Increased Expression of Inactive Rhomboid Protein 2 in Circulating Monocytes after Acute Myocardial Infarction.
Abstract
Increased TNF-alpha levels following acute myocardial infarction (AMI) contribute to impaired recovery of myocardial function. Interaction of inactive rhomboid protein 2 (iRhom2) with TNF-alpha converting enzyme (TACE) is required for TNF-alpha shedding from immune cells.

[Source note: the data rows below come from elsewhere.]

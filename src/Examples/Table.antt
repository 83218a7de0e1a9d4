-- ===== src/Examples/Table.antt =====
-- The statements on the tables, tried on the small workspace.
use mathlib.Core.List.{Memᴰ}
use invokr.Base.{◌≡◌, refl, ◌≢◌, String, Bool, false, some, List, [], ◌∷◌, arith, str_eq}
use invokr.Base.Int.{pos}
use invokr.Store.{Execution, success}
use invokr.Store.Does.{Does}
use invokr.Executions.{claim_row, claimed, is_cancellable}
use invokr.Executions.Claim.{ClaimOutcome, claim_row-ClaimOutcome, claim_row_exclusive}
use invokr.Executions.Machine.{
  Statement, insert, claim, complete_retry, complete_failed, cancel, IsValidTable, run, run_valid,
}
use invokr.Executions.Final.{run-ended}
use invokr.Reaper.{reap_schema}
use invokr.Reaper.Sweep.{Sweeps, reap_schema-Does}
use invokr.Examples.{nobody, row, store, live}

claim_row-ClaimOutcome_example :
    ClaimOutcome 10 nobody "w" (row ∷ []) (claim_row 10 nobody "w" (row ∷ []))
claim_row-ClaimOutcome_example = claim_row-ClaimOutcome 10 nobody "w" (row ∷ [])

abbrev all_but : String → String → Bool
all_but id x = str_eq x id

abbrev other_row : Execution
other_row = record row { execution_id = "e2" }

claim_row_exclusive_example : (claimed 10 "w" other_row).execution_id ≢ "e1"
unfolding claim_row
claim_row_exclusive_example =
    claim_row_exclusive 10 (all_but "e1") "w" "e1" (row ∷ other_row ∷ []) (claimed 10 "w" other_row)
      refl refl

abbrev history : List Statement
history =
    insert row
    ∷ claim 10 nobody "w"
    ∷ complete_retry 11 "e1" (pos 1000)
    ∷ claim 2000000 nobody "w"
    ∷ complete_failed 2000001 "e1"
    ∷ []

run_valid_example : IsValidTable (run history [])
run_valid_example = run_valid history ((refl, refl, refl), (tt, (tt, (tt, (tt, tt)))))

history_test : is_cancellable (claimed 10 "w" row).status ≡ false
history_test = refl

abbrev ended_row : Execution
ended_row = record row { status = success; attempt_count = 1; completed_at = some 12 }

run-ended_example :
    Memᴰ ended_row (run (claim 10 nobody "w" ∷ cancel 11 "e1" ∷ []) (ended_row ∷ []))
run-ended_example =
    run-ended (claim 10 nobody "w" ∷ cancel 11 "e1" ∷ []) (tt, (tt, tt))
      (record {
        rows = (
          record {
            bounded = omega arith;
            fresh = λ h. cc;
            retriable = λ h. cc;
            owned = λ h. cc;
            counted = λ h. cc;
            unowned = λ h. cc;
            ended = λ h. refl;
            unended = λ h. cc;
          },
          tt,
        );
        unique = (tt, tt);
        keyed = (tt, tt);
      })
      (Memᴰ.head refl) refl

reap_schema-Does_example : Does (Sweeps 30 "ws" store) (reap_schema 30 "ws" live)
reap_schema-Does_example = reap_schema-Does 30 "ws" live refl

We hypothesized that iRhom2 expression increases in circulating monocytes following AMI. Transcript levels of iRhom2, TACE and TNF-alpha were evaluated by quantitative real-time PCR in isolated monocytes of 50 AMI patients at admission (d1) and 3 days (d3) after. We observed a significant increase in levels of iRhom2 mRNA expression in monocytes between d1-3, while TNF-alpha and TACE mRNA expression remained unchanged. At d3, iRhom2 mRNA expression positively correlated with levels of intermediate monocytes or serum TNF-alpha, and negatively with LV systolic function. iRhom2 may contribute to regulation of post-infarction inflammation and is associated with LV dysfunction following AMI. iRhom2 modulation should be evaluated as a potential therapeutic strategy to attenuate cardiac remodeling following AMI.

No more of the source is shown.